- Location of Genoa City in Walworth County, Wisconsin
- Coordinates: 42°30′13″N 88°19′34″W﻿ / ﻿42.50361°N 88.32611°W
- Country: United States
- State: Wisconsin
- Counties: Kenosha, Walworth
- Incorporated: October 15, 1901
- Renamed: January 24, 1924

Area
- • Total: 2.65 sq mi (6.86 km^{2})
- • Land: 2.65 sq mi (6.86 km^{2})
- • Water: 0 sq mi (0.00 km^{2})
- Elevation: 830 ft (253 m)

Population (2020)
- • Total: 2,982
- • Density: 1,127.3/sq mi (435.25/km^{2})
- Time zone: UTC-6 (Central (CST))
- • Summer (DST): UTC-5 (CDT)
- ZIP Code: 53128
- Area code: 262
- FIPS code: 55-28675
- GNIS feature ID: 1565461
- Website: www.vi.genoacity.wi.gov

= Genoa City, Wisconsin =

Genoa City is a village located in Kenosha and Walworth counties in the U.S. state of Wisconsin, 43 mi south-southwest of Milwaukee, located on the Illinois–Wisconsin border. The population was 2,982 at the 2020 census.

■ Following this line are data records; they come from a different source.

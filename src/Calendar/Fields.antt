-- ===== src/Calendar/Fields.antt =====
-- `getFormattedDateTime` of lib/ecal.cpp up to the formatting: the fields of a time.
use c_cpp_sandbox.Common.{
  ℕ, zero, suc, ◌+◌, ◌-◌, ◌*◌, ◌/◌, ◌%◌, ◌^◌, true, false, Option, none, some, List, leb, ◌==◌,
  if◌then◌else◌, get_elem?, [], ◌∷◌,
}
use c_cpp_sandbox.Calendar.{
  seconds_per_hour, seconds_per_minute, seconds_per_day, seconds_per_non_leap_year, is_leap_year,
  running_seconds,
}

-- `day` counts from 0.
pub record Fields : Type 0 where
  pub year : ℕ
  pub month : ℕ
  pub day : ℕ
  pub hr : ℕ
  pub min : ℕ
  pub sec : ℕ

abbrev pub uint64 : ℕ → ℕ
uint64 n = n % 2 ^ 64

-- `gregorian_count` behind the year
unfoldable pub next_count : ℕ → ℕ → ℕ
next_count gregorian_count year = uint64 (
    gregorian_count
    + seconds_per_non_leap_year
    + (if is_leap_year year then seconds_per_day else 0))

-- The do-while loop: `gregorian_count` and `year` behind it; `none` when the fuel runs out.
unfoldable pub year_loop : ℕ → ℕ → ℕ → ℕ → Option (ℕ × ℕ)
unfolding next_count
year_loop zero epoch_seconds gregorian_count year = none
year_loop (suc fuel) epoch_seconds gregorian_count year =
    elim (leb (next_count gregorian_count year) epoch_seconds) [
      | true ↦ year_loop fuel epoch_seconds (next_count gregorian_count year) ((year + 1) % 65536)
      | false ↦ some (next_count gregorian_count year, (year + 1) % 65536)
    ]

-- `seconds_since_year_start` behind the loop. Where the year is a leap year the first subtraction
-- may wrap below zero, and the day that is added wraps it back.
abbrev pub since_year_start : ℕ → ℕ → ℕ → ℕ
since_year_start epoch_seconds gregorian_count year =
    let seconds =
      uint64
        (epoch_seconds + 2 ^ 64 - uint64 (gregorian_count + 2 ^ 64 - seconds_per_non_leap_year)) in
    if is_leap_year year then uint64 (seconds + seconds_per_day) else seconds

-- `seconds_since_year_start` and `year`
unfoldable pub year_and_rest : ℕ → Option (ℕ × ℕ)
unfolding year_loop
year_and_rest epoch_seconds =
    if leb seconds_per_non_leap_year epoch_seconds
    then elim (year_loop (suc (epoch_seconds / seconds_per_non_leap_year)) epoch_seconds 0 1970) [
      | none ↦ none
      | some (count, year) ↦
          let year' = (year + 65535) % 65536 in
          some (since_year_start epoch_seconds count year', year')
    ]
    else some (epoch_seconds, 1970)

-- `while (i < SIZE_MONTHS_ARRAY && ...) i++`, by the rest of the table from `i` on
unfoldable pub month_loop : List ℕ → ℕ → ℕ → ℕ
month_loop [] i seconds = i
month_loop (t ∷ table) i seconds = elim (leb t seconds) [
  | true ↦ month_loop table (suc i) seconds
  | false ↦ i
]

-- `seconds_since_day_start` and what is left of it behind the hours
abbrev pub since_day_start : ℕ → ℕ → ℕ
since_day_start since_month day = (since_month + 2 ^ 32 - day * seconds_per_day) % 2 ^ 32

abbrev pub since_hour : ℕ → ℕ → ℕ
since_hour since_day hr = (since_day + 2 ^ 32 - hr * seconds_per_hour) % 2 ^ 32

-- hour, minute and second
unfoldable pub fields_of_day : ℕ → ℕ → ℕ → ℕ → Fields
fields_of_day year month day since_day =
    let hr = since_day / seconds_per_hour % 256 in
    let min = since_hour since_day hr / seconds_per_minute % 256 in
    record {
      year = year;
      month = month;
      day = day;
      hr = hr;
      min = min;
      sec = (since_hour since_day hr + 2 ^ 32 - min * seconds_per_minute) % 2 ^ 32 % 256;
    }

-- `month`, `day` and the time of day, by `seconds_up_until_month`
unfoldable pub fields_of_rest : ℕ → ℕ → ℕ → ℕ → Fields
unfolding fields_of_day
fields_of_rest year month seconds up_until_month =
    let since_month = (seconds + 2 ^ 64 - up_until_month) % 2 ^ 32 in
    let day = since_month / seconds_per_day % 256 in
    fields_of_day year month day (since_day_start since_month day)

-- `running_seconds_up_until_month[i == 0 ? 0 : i - 1]` and the fields that follow from it
unfoldable pub fields_at : ℕ → ℕ → ℕ → Option Fields
unfolding fields_of_rest
fields_at year seconds i = elim (get_elem? (running_seconds year) (if i == 0 then 0 else i - 1)) [
  | none ↦ none
  | some up_until_month ↦ some (fields_of_rest year i seconds up_until_month)
]

-- The fields that `getFormattedDateTime` formats for the time `epoch_seconds`.
unfoldable pub fields_of_epoch : ℕ → Option Fields
unfolding year_and_rest month_loop fields_at
fields_of_epoch epoch_seconds = elim (year_and_rest epoch_seconds) [
  | none ↦ none
  | some (seconds, year) ↦ fields_at year seconds (month_loop (running_seconds year) 0 seconds)
]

It was named after Genoa, New York, which, in turn, was named after Genoa, Italy.

==History==
Genoa City's land was purchased from the government in 1841. James Dickerson originally platted the village, first known simply as "Genoa", on May 9 and 19, 1850, and it was recorded July 12 that year. There were 23 lots and settlers paid $1.25 an acre. The first two railroad lines were built in the 1850s and 1862, respectively. In 1853, a Congregational Church moved from Bloomfield to Genoa City and built a new church. A bell was added in 1872, and a classroom in 1893. The post office was renamed "Genoa Junction" in 1874 and the village was first incorporated as such on October 15, 1901. By 1880, Genoa City had about 300 residents and a post office, hotel, flour mill, grist mill, lumber yard, drug store, grocery store, hardware store, tailor, shoe maker, two carriage shops, three general stores, and two salon keepers. In 1885, Adolph Freeman platted two additions after fire destroyed many businesses on Freeman Street, which was named after him, the year prior. In the 1890s, new buildings replaced the ones lost in the fire. The village's name was officially changed from Genoa Junction to Genoa City on January 24, 1924.

==Geography==
Genoa City is located at (42.503612, -88.326063).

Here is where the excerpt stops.